◆ What the task asks
Go over the data and keep only the lines that include "next".

Collected data
-----

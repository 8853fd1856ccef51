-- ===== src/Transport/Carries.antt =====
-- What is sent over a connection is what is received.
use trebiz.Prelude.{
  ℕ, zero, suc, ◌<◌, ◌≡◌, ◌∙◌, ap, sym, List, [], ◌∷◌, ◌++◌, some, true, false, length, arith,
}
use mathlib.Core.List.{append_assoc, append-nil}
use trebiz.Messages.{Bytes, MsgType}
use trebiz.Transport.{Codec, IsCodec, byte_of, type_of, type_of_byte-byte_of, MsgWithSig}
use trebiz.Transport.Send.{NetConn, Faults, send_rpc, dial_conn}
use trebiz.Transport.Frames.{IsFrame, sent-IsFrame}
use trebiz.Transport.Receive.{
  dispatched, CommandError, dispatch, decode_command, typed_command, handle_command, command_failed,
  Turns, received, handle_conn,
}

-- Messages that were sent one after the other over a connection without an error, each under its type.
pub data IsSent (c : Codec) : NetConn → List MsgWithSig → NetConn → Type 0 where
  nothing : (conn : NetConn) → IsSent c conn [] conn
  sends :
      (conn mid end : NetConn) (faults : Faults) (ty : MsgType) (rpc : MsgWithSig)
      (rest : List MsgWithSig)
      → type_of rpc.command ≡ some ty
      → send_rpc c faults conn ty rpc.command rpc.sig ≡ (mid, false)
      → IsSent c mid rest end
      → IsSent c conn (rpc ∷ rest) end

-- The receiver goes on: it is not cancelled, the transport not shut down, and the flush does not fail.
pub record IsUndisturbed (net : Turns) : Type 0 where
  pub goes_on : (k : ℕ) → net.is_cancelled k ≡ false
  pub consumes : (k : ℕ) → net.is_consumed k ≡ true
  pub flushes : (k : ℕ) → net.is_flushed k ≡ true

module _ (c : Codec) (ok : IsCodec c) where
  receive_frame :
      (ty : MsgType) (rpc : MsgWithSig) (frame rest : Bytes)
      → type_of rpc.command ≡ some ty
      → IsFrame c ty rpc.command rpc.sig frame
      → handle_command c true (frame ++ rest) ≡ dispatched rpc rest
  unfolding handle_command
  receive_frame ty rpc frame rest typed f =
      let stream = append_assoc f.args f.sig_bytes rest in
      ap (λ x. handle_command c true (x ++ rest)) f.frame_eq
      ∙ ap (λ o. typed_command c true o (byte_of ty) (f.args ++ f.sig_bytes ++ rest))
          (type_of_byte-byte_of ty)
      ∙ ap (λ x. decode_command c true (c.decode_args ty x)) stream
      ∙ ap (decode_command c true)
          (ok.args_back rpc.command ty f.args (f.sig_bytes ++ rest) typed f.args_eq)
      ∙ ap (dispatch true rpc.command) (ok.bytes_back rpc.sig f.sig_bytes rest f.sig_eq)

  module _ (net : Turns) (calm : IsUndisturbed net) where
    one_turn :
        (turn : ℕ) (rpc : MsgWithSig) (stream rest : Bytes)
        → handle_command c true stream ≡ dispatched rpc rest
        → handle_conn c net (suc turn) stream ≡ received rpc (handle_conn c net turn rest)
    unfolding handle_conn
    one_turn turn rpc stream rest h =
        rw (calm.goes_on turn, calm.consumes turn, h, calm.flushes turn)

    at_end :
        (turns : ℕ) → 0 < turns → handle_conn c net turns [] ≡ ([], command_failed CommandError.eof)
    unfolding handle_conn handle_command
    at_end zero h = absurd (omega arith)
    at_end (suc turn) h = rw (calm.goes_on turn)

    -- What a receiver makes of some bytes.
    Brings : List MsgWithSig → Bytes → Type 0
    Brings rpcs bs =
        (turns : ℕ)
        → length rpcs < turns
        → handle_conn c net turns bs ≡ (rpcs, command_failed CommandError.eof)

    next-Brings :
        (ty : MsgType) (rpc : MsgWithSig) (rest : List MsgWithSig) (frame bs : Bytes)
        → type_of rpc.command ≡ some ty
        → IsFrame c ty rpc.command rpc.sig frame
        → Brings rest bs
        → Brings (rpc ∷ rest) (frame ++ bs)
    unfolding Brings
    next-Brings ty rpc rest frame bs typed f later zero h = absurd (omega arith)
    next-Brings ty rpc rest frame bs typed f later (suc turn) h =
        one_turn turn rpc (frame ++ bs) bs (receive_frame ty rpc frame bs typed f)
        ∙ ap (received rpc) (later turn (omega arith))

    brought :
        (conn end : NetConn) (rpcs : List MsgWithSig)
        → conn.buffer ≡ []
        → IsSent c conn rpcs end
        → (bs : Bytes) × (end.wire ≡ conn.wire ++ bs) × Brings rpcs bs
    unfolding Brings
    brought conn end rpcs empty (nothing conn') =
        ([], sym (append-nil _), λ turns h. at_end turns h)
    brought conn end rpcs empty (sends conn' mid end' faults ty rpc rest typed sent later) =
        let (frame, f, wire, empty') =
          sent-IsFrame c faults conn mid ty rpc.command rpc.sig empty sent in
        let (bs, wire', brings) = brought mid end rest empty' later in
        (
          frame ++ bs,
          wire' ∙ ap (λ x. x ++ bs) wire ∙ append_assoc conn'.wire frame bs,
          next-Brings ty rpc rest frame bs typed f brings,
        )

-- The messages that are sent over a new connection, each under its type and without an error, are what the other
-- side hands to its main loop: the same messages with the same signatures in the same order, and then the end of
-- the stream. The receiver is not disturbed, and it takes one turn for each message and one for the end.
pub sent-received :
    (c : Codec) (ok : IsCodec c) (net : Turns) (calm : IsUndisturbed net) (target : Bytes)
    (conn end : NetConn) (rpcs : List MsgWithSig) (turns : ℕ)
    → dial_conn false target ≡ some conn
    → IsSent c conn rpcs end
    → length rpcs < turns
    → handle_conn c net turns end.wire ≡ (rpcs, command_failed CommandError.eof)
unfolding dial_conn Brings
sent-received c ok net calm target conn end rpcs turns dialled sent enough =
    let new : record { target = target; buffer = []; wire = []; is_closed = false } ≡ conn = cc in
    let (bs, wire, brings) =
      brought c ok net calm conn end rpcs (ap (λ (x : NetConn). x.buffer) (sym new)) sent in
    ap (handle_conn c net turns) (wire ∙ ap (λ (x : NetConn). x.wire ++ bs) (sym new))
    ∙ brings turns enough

-----

◆ Response area
    next-Brings :
    next-Brings ty rpc rest frame bs typed f later zero h = absurd (omega arith)
    next-Brings ty rpc rest frame bs typed f later (suc turn) h =
          next-Brings ty rpc rest frame bs typed f brings,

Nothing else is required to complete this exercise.